His cigarette smoke drifted around us in the humid jungle air. He shook his head. It was early July. There was nothing, and no one, around us for miles. And though it was the rainy season, the rain had stopped and the two-room thatch hut was alive with noise—chirping, tweeting, burping, groaning.
I squinted through a cutout in the hut: nothing but thick rainforest. The closest road was probably two days of walking and my satellite phone wasn’t working.
Frog looked to be in his late thirties, skinny and tough, in a red tank top emblazoned with dragons, ripped camouflage shorts, and a scuffed cowboy hat cocked forward on his head. We had encountered him and two of his friends, all of them armed with rifles or machetes, a couple of weeks into our search for the White City, on a desolate stretch of the Cuyamel River.
Frog said he was on the run, but didn’t say what he was running from or what he was doing now in this remote part of the country. We didn’t want to join him, but we had no choice; they had a boat, and we had no other way of getting down the river.

We had been trying to follow the trail of Theodore Morde, hoping that his journals, which few had ever seen, might lead us to the White City. I was itchy from the bugs, aching everywhere, blistery, and wet. My boots were shot. My back hurt. I stunk. I hadn’t slept in days, had run out of Valium the night before, and longed for my wife and daughter, whose 4th birthday I was about to miss.
"You’re a long way from home,” Frog said, as the rain returned.
I laughed, but he didn’t crack a smile.
"Are you lost?” he asked.
He looked me hard in the eye. He said it was easy to lose your way in the jungle. “Don’t follow the voices of the dead,” he warned. “That’s my advice for you.”
I said goodnight, retreated, and slumped into my hammock, the rain slapping the tarp over me. I looked out at the wet, impassable hell of the jungle and heard my wife’s voice over and over again from the day I left home. “What are you thinking? What are you really looking for? Why are you leaving?”
Morning was still hours away, but I couldn’t sleep.
***
A week later—and many more miles of trekking over mountains, across valleys, and through swamps—we found the ruins. It was Aug. 1, about a month from the day I arrived in Honduras. Around us, the forest alternated with land that was burned and cut, where copper-red shapes of mahogany stumps stood out of islands of second-growth grass and vines.

Steadily, our gunman pushed forward, his mule high-stepping through brush. We saw the large mounds that some nearby villagers had mentioned the night before. Some as high as 10 feet and in groupings of twos and threes, they were larger than the mounds we’d spotted along the river. “They’re everywhere,” exclaimed Chris Begley, my guide and an American archaeologist. He was stunned. I couldn’t stop thinking about the entombed giants, and I had the feeling I was walking through a graveyard.
Chris paused in a stand of tall trees. “Look there,” he said, flicking his machete at the shaded ground. “It’s easy to miss.” He kicked away some vines, revealing disfigured cobblestones scattered about in what resembled a crude pathway. “It’s a road,” he said, excitedly.

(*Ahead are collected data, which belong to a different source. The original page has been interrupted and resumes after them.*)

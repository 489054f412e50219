-- ===== src/Netlink/Layout.antt =====
-- rnl/NetlinkRoute.cpp: how long the attribute of the next hops is.
use fbmeshd.Prelude.{
  ℕ, ◌+◌, ◌*◌, ◌/◌, ◌%◌, ◌^◌, ◌≤◌, ◌<◌, ◌≡◌, ◌⊎◌, inl, inr, refl, sym, ap, ◌∙◌, Bool, true, false,
  ◌||◌, Option, none, some, List, arith, ◌==◌, ltb, if◌then◌else◌, length, Bool-cases,
  some_injective,
}
use fbmeshd.Rnl.{Route, NextHop}
use fbmeshd.Rnl.Kernel.{Rtnl}
use fbmeshd.Netlink.Requests.{is_success}
use fbmeshd.Netlink.Attributes.{
  Wire, max_nl_payload_size, max_labels, Payload, empty_payload, address, via_address, number,
  labels, Hop, add_sub_attributes, push, swap, php, pop_and_lookup,
}
use fbmeshd.Netlink.NextHops.{
  Made, or_no_space, start, ended, add_ip_gateway, pop_at, swap_or_php_at, push_at, push_type_at,
  by_action, add_ip_nexthop, encode_label, encode_labels, with_grown, via_len, add_swap_label,
  add_via, add_swap_or_php_nexthop, add_pop_nexthop, push_gateway, push_labels_at,
  add_label_nexthop,
}

-- The macros and sizes of the kernel's headers: alignment to 4 bytes, a header of 4 bytes for an
-- attribute and of 8 for a next hop, and addresses of 4 or 16 bytes.
pub record IsWire (w : Wire) : Type 0 where
  pub aligns : (n : ℕ) → w.rta_align n ≡ (n + 3) / 4 * 4
  pub aligns_message : (n : ℕ) → w.nlmsg_align n ≡ (n + 3) / 4 * 4
  pub lengths : (n : ℕ) → w.rta_length n ≡ 4 + n
  pub of_attribute : w.sizeof_rtattr ≡ 4
  pub of_hop : w.sizeof_rtnexthop ≡ 8
  pub of_address : (a : ℕ) → (w.byte_count a ≡ 4) ⊎ (w.byte_count a ≡ 16)

-- A hop, and the attribute's length with it, from the length before: the length has grown by what
-- the hop takes.
abbrev pub Grows : ℕ → Made (ℕ × Hop) → Type 0
Grows before none = Unit
Grows before (some (result, (x, h))) =
    is_success result ≡ true → (x + 8 ≡ before + (h.rtnh_len + 3) / 4 * 4) × (x < 2 ^ 16)

-- A sub attribute of some length.
abbrev Adds : ℕ → ℕ × Hop → ℕ × Hop → Type 0
Adds len (x, h) (y, k) = (y ≡ x + (len + 7) / 4 * 4) × (k.rtnh_len ≡ h.rtnh_len) × (y < 2 ^ 16)

module _ (w : Wire) (laws : IsWire w) where
  sub-Adds :
      (type : ℕ) (payload : Payload) (len : ℕ) (r t : ℕ × Hop)
      → r.0 % 4 ≡ 0
      → add_sub_attributes w type payload len r ≡ some t
      → Adds len r t
  unfolding add_sub_attributes
  sub-Adds type payload len (x, h) (y, k) four e =
      let guard = ltb max_nl_payload_size (w.rta_align x + w.rta_align (w.rta_length len)) in
      elim (Bool-cases guard) [
        | inl full ↦ absurd (ground (arith, rw full at e))
        | inr fits ↦
            let same = some_injective (rw fits at e) in
            let lens = ap (λ (r : ℕ × Hop). r.0) same in
            let hops = ap (λ (r : ℕ × Hop). r.1.rtnh_len) same in
            (
              ground (
                arith,
                lens,
                four,
                fits,
                laws.aligns x,
                laws.aligns_message x,
                laws.aligns (w.rta_length len),
                laws.lengths len,
              ),
              sym hops,
              omega (arith, lens),
            )
      ]

  or_no_space-Grows :
      (before : ℕ) (r : ℕ × Hop) (o : Option (ℕ × Hop)) (f : ℕ × Hop → Made (ℕ × Hop))
      → ((t : ℕ × Hop) → o ≡ some t → Grows before (f t))
      → Grows before (or_no_space r o f)
  or_no_space-Grows before r none f h = λ e. absurd (ground (arith, e))
  or_no_space-Grows before r (some t) f h = h t refl

  sub-Grows :
      (before type : ℕ) (payload : Payload) (len : ℕ) (r : ℕ × Hop) (f : ℕ × Hop → Made (ℕ × Hop))
      → r.0 % 4 ≡ 0
      → ((t : ℕ × Hop) → Adds len r t → Grows before (f t))
      → Grows before (or_no_space r (add_sub_attributes w type payload len r) f)
  sub-Grows before type payload len r f four h =
      or_no_space-Grows before r (add_sub_attributes w type payload len r) f
        (λ t e. h t (sub-Adds type payload len r t four e))

  -- The last attribute of a hop, whose length so far is what it has added.
  last-Grows :
      (before type : ℕ) (payload : Payload) (len : ℕ) (r : ℕ × Hop)
      → r.0 % 4 ≡ 0
      → r.0 + 8 ≡ before + r.1.rtnh_len
      → r.1.rtnh_len % 4 ≡ 0
      → Grows before (or_no_space r (add_sub_attributes w type payload len r) (ended w len))
  last-Grows before type payload len r four eq len4 =
      sub-Grows before type payload len r (ended w len) four
        (λ t (a, b, z) s. (ground (arith, a, b, eq, len4, laws.of_attribute), z))

  ip-Grows :
      (c : Rtnl) (before i : ℕ) (route : Route) (via : Option ℕ)
      → before % 4 ≡ 0
      → before < 2 ^ 16
      → Grows before (add_ip_gateway w c route via (start w before i))
  ip-Grows c before i route none four lt =
      let own : 8 + before ≡ before + (w.sizeof_rtnexthop + 3) / 4 * 4 =
        ground (arith, laws.of_hop) in
      elim (Bool-cases (route.route_type == c.rtn_multicast || route.scope == c.rt_scope_link)) [
        | inl e ↦ rw e (λ s. (omega (arith, own), lt))
        | inr e ↦ rw e (λ s. absurd (ground (arith, s)))
      ]
  ip-Grows c before i route (some via) four lt =
      last-Grows before w.rta_gateway (address via) (w.byte_count via) (start w before i) four
        (omega (arith, laws.of_hop)) (omega (arith, laws.of_hop))

  pop-Grows : (before : ℕ) (i : Option ℕ) → before % 4 ≡ 0 → Grows before (pop_at w before i)
  pop-Grows before none four = λ s. absurd (ground (arith, s))
  pop-Grows before (some i) four =
      last-Grows before w.rta_oif (number i) 4 (start w before i) four (omega (arith, laws.of_hop))
        (omega (arith, laws.of_hop))

  via-Grows :
      (c : Rtnl) (before : ℕ) (path : NextHop) (via : Option ℕ) (r : ℕ × Hop)
      → r.0 % 4 ≡ 0
      → before % 4 ≡ 0
      → before ≤ r.0
      → r.1.rtnh_len ≡ 8
      → Grows before (add_via w c before path via r)
  via-Grows c before path none r four four' le len = tt
  via-Grows c before path (some via) r four four' le len =
      last-Grows before w.rta_via (via_address path.family via) (via_len c path.family)
        (with_grown before r) four (omega (arith, le, len)) (omega (arith, le, len, four, four'))

  labelled-Grows :
      (c : Rtnl) (before : ℕ) (path : NextHop) (i : ℕ) (label : Option ℕ)
      → before % 4 ≡ 0
      → Grows before (
          or_no_space
            (start w before i)
            (add_swap_label w label (start w before i))
            (add_via w c before path path.gateway))
  labelled-Grows c before path i none four =
      via-Grows c before path path.gateway (start w before i) four four (omega arith) laws.of_hop
  labelled-Grows c before path i (some l) four =
      sub-Grows before w.rta_newdst (number (encode_label w l true)) 4 (start w before i) _ four
        (λ t (a, b, z).
          via-Grows c before path path.gateway t (omega (arith, a, four)) four (omega (arith, a))
            (b ∙ laws.of_hop))

  swap-Grows :
      (c : Rtnl) (before : ℕ) (path : NextHop) (i : Option ℕ)
      → before % 4 ≡ 0
      → Grows before (swap_or_php_at w c before path i)
  swap-Grows c before path none four = tt
  swap-Grows c before path (some i) four = labelled-Grows c before path i path.swap_label four

  push_gateway-Grows :
      (before : ℕ) (via : Option ℕ) (u : ℕ × Hop)
      → u.0 % 4 ≡ 0
      → before % 4 ≡ 0
      → before ≤ u.0
      → u.1.rtnh_len ≡ 8
      → Grows before (push_gateway w via (with_grown before u))
  push_gateway-Grows before none u four four' le len = λ s. absurd (ground (arith, s))
  push_gateway-Grows before (some via) u four four' le len =
      last-Grows before w.rta_gateway (address via) (w.byte_count via) (with_grown before u) four
        (omega (arith, le, len)) (omega (arith, le, len, four, four'))

  push_labels-Grows :
      (before : ℕ) (path : NextHop) (ls : Option (List ℕ)) (r : ℕ × Hop)
      → r.0 % 4 ≡ 0
      → before % 4 ≡ 0
      → before ≤ r.0
      → r.1.rtnh_len ≡ 8
      → Grows before (push_labels_at w before path ls r)
  push_labels-Grows before path none r four four' le len = λ s. absurd (ground (arith, s))
  push_labels-Grows before path (some ls) r four four' le len =
      let added =
        sub-Grows before w.mpls_iptunnel_dst (labels (encode_labels w ls)) (length ls * 4) r
          (push_type_at w before path) four
          (λ t (a, b, z).
            sub-Grows before w.rta_encap_type (number w.lwtunnel_encap_mpls) 2 t
              (λ u. push_gateway w path.gateway (with_grown before u)) (omega (arith, a, four))
              (λ u (x, y, z).
                push_gateway-Grows before path.gateway u (omega (arith, a, x, four)) four'
                  (omega (arith, a, x, le)) (y ∙ b ∙ len))) in
      elim (Bool-cases (ltb max_labels (length ls))) [ inl e ↦ rw e tt | inr e ↦ rw e added ]

  push-Grows :
      (before : ℕ) (path : NextHop) (i : Option ℕ)
      → before % 4 ≡ 0
      → Grows before (push_at w before path i)
  push-Grows before path none four = tt
  push-Grows before path (some i) four =
      sub-Grows before w.rta_encap empty_payload 0 (start w before i)
        (push_labels_at w before path path.push_labels) four
        (λ t (a, b, z).
          push_labels-Grows before path path.push_labels t (omega (arith, a, four)) four
            (omega (arith, a)) (b ∙ laws.of_hop))

  if-Grows :
      (before : ℕ) (b : Bool) (x y : Made (ℕ × Hop))
      → Grows before x
      → Grows before y
      → Grows before (if b then x else y)
  if-Grows before true x y h k = h
  if-Grows before false x y h k = k

  pub by_action-Grows :
      (c : Rtnl) (before : ℕ) (path : NextHop) (route : Route) (action : Option ℕ)
      → before % 4 ≡ 0
      → before < 2 ^ 16
      → Grows before (by_action w c before path route action)
  unfolding add_ip_nexthop add_swap_or_php_nexthop add_pop_nexthop add_label_nexthop
  by_action-Grows c before path route none four lt = ip-Grows c before _ route path.gateway four lt
  by_action-Grows c before path route (some action) four lt =
      if-Grows before (action == push) _ _ (push-Grows before path path.if_index four) (
        if-Grows before (action == swap || action == php) _ _
          (swap-Grows c before path path.if_index four)
          (if-Grows before (action == pop_and_lookup) _ _ (pop-Grows before path.if_index four)
            (λ s. absurd (ground (arith, s)))))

“A road?” I repeated, imagining asphalt with yellow broken lines.
“Yeah, a road. It’s probably a thousand years old or more.”
He said that roads were built between neighboring cities and from city centers to the closest river, where people and goods were shipped in and out of the jungle. “You couldn’t move here without a road. Think of all that mud we walked through.”
Chris scrambled ahead, until he stopped again at an open expanse, where two large stone walls protruded from the grassy earth. Several feet tall, rounded off at the top, with creepers and weeds engorging them, the wall extended for many yards, like giant anacondas, before disappearing into the horizon.
“Do you see it?” Chris asked. He pointed across the upturned carpet of green wilderness. It was early afternoon. For the first time in days, there weren’t any dark clouds in the sky. But the rain would come. It always did.
“What?” I said.
He smiled. “The city,” he said.
“What city?” I didn’t see anything. Of course, I had been imagining great ruined white buildings, tall vine-strangled columns, the spooky statues of giant monkey kings that Morde had talked about.
Chris chuckled. “You’re standing on it,” he said. “It’s all over.”